There are the following consequences (or lack of them) of removing the provider:
* One last release of the provider is done with documentation updated informing that the provider is no
longer maintained by the Apache Airflow community - linking to this page. This information should also
find its way to the package documentation and consequently - to the description of the package in PyPI.
* An ``[ANNOUNCE]`` thread is sent to the devlist and user list announcing removal of the provider
* The released provider packages remain available on PyPI and in the
`Archives <https://archive.apache.org/dist/airflow/providers/>`_ of the Apache
Software Foundation, while they are removed from the
`Downloads <https://downloads.apache.org/airflow/providers/>`_ .
Also it remains in the Index of the Apache Airflow Providers documentation at
`Airflow Documentation <https://airflow.apache.org/docs/>`_ with note ``(not maintained)`` next to it.
* The code of the provider is removed from ``main`` branch of the Apache Airflow repository - including
the tests and documentation. It is no longer built in CI and dependencies of the provider no longer
contribute to the CI image/constraints of Apache Airflow for development and future ``MINOR`` release.

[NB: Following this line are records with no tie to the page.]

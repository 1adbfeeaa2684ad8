-- ===== src/Store/Refresh/Reuse.antt =====
-- A consumed Refresh Token that comes back: its family and the family's Access Tokens are revoked,
-- and no token of the family is exchanged any more.
use one_issuer.Base.{
  ℕ, ◌≡◌, refl, ◌∙◌, inl, inr, Bool, true, false, ◌&&◌, some, List, [], ◌∷◌, ◌==◌, arith, find, any,
  any_of_find, Bool-cases, length, ltb,
}
use one_issuer.Errors.{Result, ok, invalid_grant}
use one_issuer.Text.{Bytes, codes, str_eq, mem}
use one_issuer.Token.{
  RefreshFamily, RefreshGeneration, RefreshInput, RefreshAuthority, RefreshMinted,
}
use one_issuer.Audit.{
  Event, valid_request_id, new_event, compact, success, rejected, target_refresh_token,
  target_refresh_family, refresh_token_reuse_detected, refresh_token_family_revoked, event_of,
}
use one_issuer.Store.{Db, returned, raised, ◌>>=◌, query, select, in_tx}
use one_issuer.Store.Quiet.{
  quiet, >>=-returned, query-quiet, new_event-eq-ok, insert_protocol_audit-quiet, in_tx-quiet,
  any-audit_clashes,
}
use one_issuer.Store.Queries.{
  amend, is_unrevoked, family_revoked, revoke_refresh_token_family, is_live_access, access_revoked,
  revoke_live_access_tokens_by_family, insert_protocol_audit, get_refresh_token_by_hash,
  lock_refresh_token_family_by_id, is_id, audit_clashes, is_of_kind,
}
use one_issuer.Store.Locks.{
  lock_active_user, lock_same_client, lock_grant, lock_family, lock_generation,
}
use one_issuer.Store.Locks.Complete.{
  lock_active_user-quiet, lock_same_client-quiet, lock_grant-quiet, lock_family-quiet,
  lock_generation-quiet,
}
use one_issuer.Store.Refresh.{
  Locked, reuse_detected, lock_refresh, reuse, exchange_locked, exchange_refresh_tx, report,
  exchange_refresh_token, grant_refused, family_refused, presented_refused,
}
use one_issuer.Store.Refresh.Authority.{LockedIn, Passed, LockedIn-Passed}
use one_issuer.Text.Sort.{sort_strings}

-- The locks are taken when the rows pass their tests.
lock_refresh-quiet :
    (db : Db) (candidate : RefreshGeneration) (candidate_family : RefreshFamily)
    (input : RefreshInput) (l : Locked)
    → LockedIn db candidate candidate_family input l
    → lock_refresh candidate candidate_family input (quiet db) ≡ returned l (quiet db)
unfolding lock_refresh
lock_refresh-quiet db candidate candidate_family input l k =
    >>=-returned (lock_active_user candidate_family.user_id) _ (quiet db)
      (lock_active_user-quiet db candidate_family.user_id l.user k.user_found k.user_active)
    ∙ >>=-returned (lock_same_client candidate_family.client_id input.client) _ (quiet db) (
        lock_same_client-quiet db candidate_family.client_id input.client l.client k.client_found
          k.client_same)
    ∙ >>=-returned
        (lock_grant candidate_family.user_id candidate_family.client_id
          (grant_refused candidate_family))
        _ (quiet db)
        (lock_grant-quiet db candidate_family.user_id candidate_family.client_id
          (grant_refused candidate_family) l.grant k.grant_found k.grant_kept)
    ∙ >>=-returned
        (lock_family candidate.family_id
          (family_refused candidate_family l.user l.client l.grant input.now))
        _ (quiet db)
        (lock_family-quiet db candidate.family_id
          (family_refused candidate_family l.user l.client l.grant input.now) l.family
          k.family_found k.family_kept)
    ∙ >>=-returned (lock_generation candidate.id (presented_refused l.family input.token_hash)) _
        (quiet db)
        (lock_generation-quiet db candidate.id (presented_refused l.family input.token_hash)
          l.presented k.presented_found k.presented_kept)

-- The tables after a reuse.
abbrev pub after_reuse : Db → RefreshFamily → ℕ → Event → Event → Db
after_reuse db family now revoked_event reused_event = record db {
  families = amend (is_unrevoked family.id) (family_revoked now (codes "reuse")) db.families;
  accesses =
      amend (is_live_access family.id now) (access_revoked now (codes "family_revoked"))
        db.accesses;
  audits = revoked_event ∷ reused_event ∷ db.audits;
}

reuse-quiet :
    (db : Db) (l : Locked) (input : RefreshInput) (reused_event revoked_event : Event)
    → any (is_unrevoked l.family.id) db.families ≡ true
    → new_event refresh_token_reuse_detected rejected l.family.user_id target_refresh_token
        l.presented.id input.request_id
        (codes "reused" ∷ [])
        input.now
      ≡ ok reused_event
    → new_event refresh_token_family_revoked success l.family.user_id target_refresh_family
        l.family.id input.request_id
        (codes "revoked" ∷ [])
        input.now
      ≡ ok revoked_event
    → any (audit_clashes reused_event) db.audits ≡ false
    → any (audit_clashes revoked_event) (reused_event ∷ db.audits) ≡ false
    → reuse l input (quiet db)
      ≡ returned reuse_detected
          (quiet (after_reuse db l.family input.now revoked_event reused_event))
unfolding reuse revoke_refresh_token_family revoke_live_access_tokens_by_family
reuse-quiet db l input reused_event revoked_event live made1 made2 fresh1 fresh2 =
    let d1 : Db = record db {
      families =
          amend (is_unrevoked l.family.id) (family_revoked input.now (codes "reuse")) db.families;
    } in
    let d2 : Db = record d1 {
      accesses =
          amend (is_live_access l.family.id input.now)
            (access_revoked input.now (codes "family_revoked")) db.accesses;
    } in
    let d3 : Db = record d2 { audits = reused_event ∷ db.audits } in
    >>=-returned (revoke_refresh_token_family l.family.id input.now (codes "reuse")) _ (quiet db)
      (query-quiet _ db {a = true} {left = d1} (ground arith))
    ∙ >>=-returned (revoke_live_access_tokens_by_family l.family.id input.now) _ (quiet d1)
        (query-quiet _ d1 {a = tt} {left = d2} refl)
    ∙ >>=-returned
        (insert_protocol_audit refresh_token_reuse_detected rejected l.family.user_id
          target_refresh_token l.presented.id input.request_id (codes "reused" ∷ []) input.now)
        _ (quiet d2) (insert_protocol_audit-quiet _ _ _ _ _ _ _ _ d2 reused_event made1 fresh1)
    ∙ >>=-returned
        (insert_protocol_audit refresh_token_family_revoked success l.family.user_id
          target_refresh_family l.family.id input.request_id (codes "revoked" ∷ []) input.now)
        _ (quiet d3) (insert_protocol_audit-quiet _ _ _ _ _ _ _ _ d3 revoked_event made2 fresh2)

-- A test that no rewritten row passes is passed by none.
pub any-amend :
    {A : Type 0} (p : A → Bool) (f : A → A) (xs : List A)
    → ((x : A) → p (f x) ≡ false)
    → any p (amend p f xs) ≡ false
any-amend p f [] gone = refl
any-amend p f (x ∷ xs) gone = elim (Bool-cases (p x)) [
  | inl hit ↦ rw hit (ground (arith, gone x, any-amend p f xs gone))
  | inr miss ↦ rw miss (ground (arith, any-amend p f xs gone))
]

family_is_unrevoked :
    (db : Db) (input : RefreshInput) (l : Locked)
    → Passed db input l
    → any (is_unrevoked l.family.id) db.families ≡ true
family_is_unrevoked db input l p =
    any_of_find (λ r. r.id == l.presented.family_id) (is_unrevoked l.family.id) db.families
      p.family_stored (ground (arith, p.family_live))

module _ (sha256 : Bytes → Bytes) (others : ℕ → Db → Db)
    (mint : ℕ → RefreshAuthority → Result RefreshMinted) where
  -- The rows that an exchange finds before its transaction, for a request that is not refused.
  pub record Found (db : Db) (candidate : RefreshGeneration) (family : RefreshFamily)
      (input : RefreshInput) : Type 0 where
    pub size : (length input.token_hash == 32) ≡ true
    pub client_set : (input.client.id == 0) ≡ false
    pub now_set : (input.now == 0) ≡ false
    pub candidate_found :
        find (λ r. str_eq r.token_hash input.token_hash) db.generations ≡ some candidate
    pub family_found : find (λ r. r.id == candidate.family_id) db.families ≡ some family

  Found-quiet :
      (db : Db) (candidate : RefreshGeneration) (family : RefreshFamily) (input : RefreshInput)
      → Found db candidate family input
      → exchange_refresh_token sha256 others mint input (quiet db)
        ≡ (do
          exchange ← in_tx others (exchange_refresh_tx sha256 others mint candidate family input)
          report sha256 others mint exchange)
            (quiet db)
  unfolding exchange_refresh_token get_refresh_token_by_hash lock_refresh_token_family_by_id select
      query
  Found-quiet db candidate family input f =
      rw (f.size, f.client_set, f.now_set, f.candidate_found, f.family_found) refl

  -- A consumed Refresh Token whose User, Client, Grant and family pass the checks under lock, and
  -- whose reuse is not recorded yet: the call, with no database failure, commits and reports ErrInvalidGrant, and leaves tables in which
  -- the family is revoked, no Access Token of the family is live, and the generations, the Users,
  -- the Clients and the Grants are those that the transaction found.
  pub exchange_refresh_token-reuse :
      (db : Db) (candidate : RefreshGeneration) (family : RefreshFamily) (input : RefreshInput)
      (l : Locked) (at : ℕ)
      → Found db candidate family input
      → LockedIn (others 0 db) candidate family input l
      → l.presented.consumed_at ≡ some at
      → valid_request_id input.request_id ≡ true
      → (l.presented.id == 0) ≡ false
      → (l.family.id == 0) ≡ false
      → any (is_of_kind 3 l.presented.id) (others 0 db).audits ≡ false
      → (left : Db) × (exchange_refresh_token sha256 others mint input (quiet db)
          ≡ raised invalid_grant (quiet left))
        × (any (is_unrevoked l.family.id) left.families ≡ false)
        × (any (is_live_access l.family.id input.now) left.accesses ≡ false)
        × (left.generations ≡ (others 0 db).generations)
        × (left.users ≡ (others 0 db).users)
        × (left.clients ≡ (others 0 db).clients)
        × (left.grants ≡ (others 0 db).grants)
  unfolding exchange_refresh_tx report compact sort_strings mem str_eq
  exchange_refresh_token-reuse db candidate family input l at found k consumed request present_id
        family_id unrecorded =
      let start = others 0 db in
      let p = LockedIn-Passed start candidate family input l k in
      let made1 =
        new_event-eq-ok refresh_token_reuse_detected rejected l.family.user_id target_refresh_token
          l.presented.id input.request_id (codes "reused" ∷ []) input.now present_id found.now_set
          request refl in
      let made2 =
        new_event-eq-ok refresh_token_family_revoked success l.family.user_id target_refresh_family
          l.family.id input.request_id (codes "revoked" ∷ []) input.now family_id found.now_set
          request refl in
      let reused_event : Event =
        event_of refresh_token_reuse_detected rejected l.family.user_id target_refresh_token
          l.presented.id input.request_id (codes "reused" ∷ []) input.now in
      let revoked_event : Event =
        event_of refresh_token_family_revoked success l.family.user_id target_refresh_family
          l.family.id input.request_id (codes "revoked" ∷ []) input.now in
      let left = after_reuse start l.family input.now revoked_event reused_event in
      let body : exchange_refresh_tx sha256 others mint candidate family input 0 (quiet start)
          ≡ returned reuse_detected (quiet left) =
        >>=-returned (lock_refresh candidate family input) _ (quiet start)
          (lock_refresh-quiet start candidate family input l k)
        ∙ branch
        ∙ reuse-quiet start l input reused_event revoked_event (family_is_unrevoked start input l p)
            made1 made2 unrecorded
            (any-audit_clashes revoked_event (reused_event ∷ start.audits) refl) in
      (
        left,
        Found-quiet db candidate family input found
            ∙ >>=-returned
                (in_tx others (exchange_refresh_tx sha256 others mint candidate family input)) _
                (quiet db)
                (in_tx-quiet others (exchange_refresh_tx sha256 others mint candidate family input)
                  db left reuse_detected body),
        any-amend (is_unrevoked l.family.id) (family_revoked input.now (codes "reuse"))
            start.families (λ r. and-false (r.id == l.family.id)),
        any-amend (is_live_access l.family.id input.now)
            (access_revoked input.now (codes "family_revoked")) start.accesses
            (λ r. not_live (is_id r.refresh_family_id l.family.id) (ltb input.now r.expires_at)),
        refl,
        refl,
        refl,
        refl,
      )
    where
      branch :
          exchange_locked sha256 others mint 0 input l (quiet (others 0 db))
          ≡ reuse l input (quiet (others 0 db))
      branch = rw consumed refl

      and-false : (b : Bool) → (b && false) ≡ false
      and-false b = ground arith

      not_live : (a b : Bool) → (a && false && b) ≡ false
      not_live a b = ground arith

* The provider is removed from the list of Apache Airflow extras in the next ``MINOR`` Airflow release
* The dependencies of the provider are removed from the constraints of the Apache Airflow
(and the constraints are updated in the next ``MINOR`` release of Airflow)
* In case of confirmed security issues that need fixing that are reported to the provider after it has been
removed, there are two options:
* in case there is a viable alternative or in case the provider is anyhow not useful to be installed, we
might issue advisory to the users to remove the provider (and use alternatives if applicable)
* in case the users might still need the provider, we still might decide to release new version of the
provider with security issue fixed, starting from the source code in Git history where the provider was
last released. This however, should only be done in case there are no viable alternatives for the users.
* Removed provider might be re-instated as maintained provider, but it needs to go through the regular process
of accepting new provider described above.